The socks proxy support can also deal with bad web filtering and privacy issues on public wifi networks (though nowadays if you're ssh'ing to a cloud IP, you'll get lots of "bot" restrictions).

bheadmaster today at 3:15 PM
If you have many different remote devices behind NATs or firewalls, a cool trick to access them all via EC2 server (or such) is to setup Remote Forwarding via UNIX socket on the server side, to devices' port 22. Preferably, UNIX socket filenames should start with a common prefix, so an SSH config can be written that will use ssh+socat in a ProxyCommand to establish the connection.

It's amazing how lightweight this method actually is.

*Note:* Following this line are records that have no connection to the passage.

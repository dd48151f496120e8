-- ===== src/PoolPolicy/Tests.antt =====
-- The policies at concrete inputs. The parameter for `double` is computation in whole numbers here.
use rsplib.Base.{
  negsuc, ◌≤◌, ◌<◌, ◌↔◌, false, none, arith, ℕ, ◌+◌, ◌*◌, ◌/◌, List, [], ◌∷◌, ◌≡◌, refl, All,
}
use rsplib.PolicySettings.{PoolPolicySettings, ppt_weighted_roundrobin}
use rsplib.PoolElement.{PoolElementNode, new}
use rsplib.PoolPolicy.Dpf.{DoubleArith}
use rsplib.PoolPolicy.Order.{IsPolicy}
use rsplib.PoolPolicy.Table.{pool_policy_array}
use rsplib.PoolPolicy.Update.{weighted_round_robin_prepare}
use rsplib.PoolPolicy.Compare.{weighted_round_robin_comparison}
use rsplib.PoolPolicy.Laws.{pool_policy_array-IsPolicy}
use rsplib.PoolPolicy.Bounds.{
  randomized_least_used_update_bounds, least_used_degradation_update_bounds,
  weighted_random_dpf_value_zero,
}
use rsplib.PoolPolicy.Update.{
  least_used_degradation_update, randomized_least_used_update,
  randomized_least_used_degradation_update, randomized_priority_least_used_update,
  randomized_priority_least_used_degradation_update,
}
use rsplib.PoolPolicy.Dpf.{weighted_random_dpf_value}
use rsplib.PolicySettings.{ppv_max}
use rsplib.PoolPolicy.Rounds.{weighted_round_robin_prepare-IsSorted}
use rsplib.Storage.Order.{IsSorted}

abbrev pub whole_numbers : DoubleArith
whole_numbers = record {
  Double = ℕ;
  of_uint = λ n. n;
  add = λ a b. a + b;
  mul = λ a b. a * b;
  div = λ a b. a / b;
  rint = λ n. n;
}

pool_policy_array-IsPolicy_example : All IsPolicy (pool_policy_array whole_numbers)
pool_policy_array-IsPolicy_example = pool_policy_array-IsPolicy whole_numbers

abbrev weighted : ℕ → PoolPolicySettings
weighted w = record {
  policy_type = ppt_weighted_roundrobin;
  weight = w;
  load = 0;
  load_degradation = 0;
  load_dpf = 0;
  weight_dpf = 0;
  distance = 0;
}

abbrev in_round : (id round : ℕ) → PoolElementNode
in_round id round =
    record (new id 1 30000 (weighted 3)
      (record { protocol = 132; port = 1024; control_channel = false; addresses = 1 }) none
      (negsuc 0) 0) { round_counter = round; virtual_counter = 2 }

-- The round counter of the first element stands two below its overflow.
abbrev late : List PoolElementNode
late = in_round 1 0xfffffffe ∷ in_round 2 0xffffffff ∷ []

weighted_round_robin_prepare-IsSorted_example :
    IsSorted weighted_round_robin_comparison (weighted_round_robin_prepare late)
unfolding weighted_round_robin_comparison new
weighted_round_robin_prepare-IsSorted_example =
    weighted_round_robin_prepare-IsSorted late (omega arith, (omega arith, tt))
      ((refl, tt), (tt, tt))

abbrev loaded : PoolElementNode
loaded = record (in_round 1 0) {
  policy_settings = record (weighted 1) { load = 0xffffffff; load_degradation = 9 };
  degradation = 0xfffffff0;
}

randomized_least_used_update_bounds_example :
    All
      (λ update. (1 ≤ (update loaded).value) × ((update loaded).value ≤ ppv_max))
      (randomized_least_used_update ∷ randomized_least_used_degradation_update
        ∷ randomized_priority_least_used_update ∷ randomized_priority_least_used_degradation_update
        ∷ [])
randomized_least_used_update_bounds_example = randomized_least_used_update_bounds loaded

least_used_degradation_update_bounds_example :
    let e' = least_used_degradation_update loaded in
    (e'.degradation ≤ ppv_max)
    × (loaded.degradation ≤ e'.degradation)
    × (loaded.degradation + loaded.policy_settings.load_degradation ≤ ppv_max
        → e'.degradation ≡ loaded.degradation + loaded.policy_settings.load_degradation)
    × (ppv_max < loaded.degradation + loaded.policy_settings.load_degradation
        → e'.degradation ≡ ppv_max)
unfolding new
least_used_degradation_update_bounds_example =
    least_used_degradation_update_bounds loaded (omega arith)

abbrev five : ℕ
five = 5

weighted_random_dpf_value_zero_example :
    ((weighted_random_dpf_value whole_numbers five five ≡ 0) ↔ (five ≡ five))
    × (five < five → weighted_random_dpf_value whole_numbers five five ≡ 1)
weighted_random_dpf_value_zero_example =
    weighted_random_dpf_value_zero whole_numbers five five (omega arith)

I have managed to connect hundreds of devices using a single EC2 nano instance.

segphault today at 2:11 PM
Or you could just install something like Tailscale and never have to think about it again.
teddyh today at 1:33 PM
It’s amazing what you can learn by reading the manual.
felooboolooomba today at 2:05 PM
As a sysadmin, one of your biggest ROI is learning the ins and outs of SSH.
riobard today at 1:50 PM
There's a asymmetry here that "-R" works both for reverse static and dynamic (using SOCKS protocol) forwarding, but "-D" is required for dynamic forwarding which "-L" cannot do.

Why is that?

trollbridge today at 1:37 PM
When I see one of these with obvious AI tells at the top (sentences lacking a subject or verb), I ask myself:

Can’t I just open up a harness and prompt “Teach me how to do X?”

Bender today at 3:24 PM
Should add how to bypass MFA using phishing and SSH Multiplexing to the article.
matltc today at 2:51 PM
Very refreshing to see a utilitarian series such as this. Disappointing that the latest ai drama gets 20x more discussion and visibility on this site
ranger_danger today at 4:08 PM
Another option that I never see mentioned anywhere is -w which allows you to create either layer2 or layer3 tunnels via a tun(4) interface.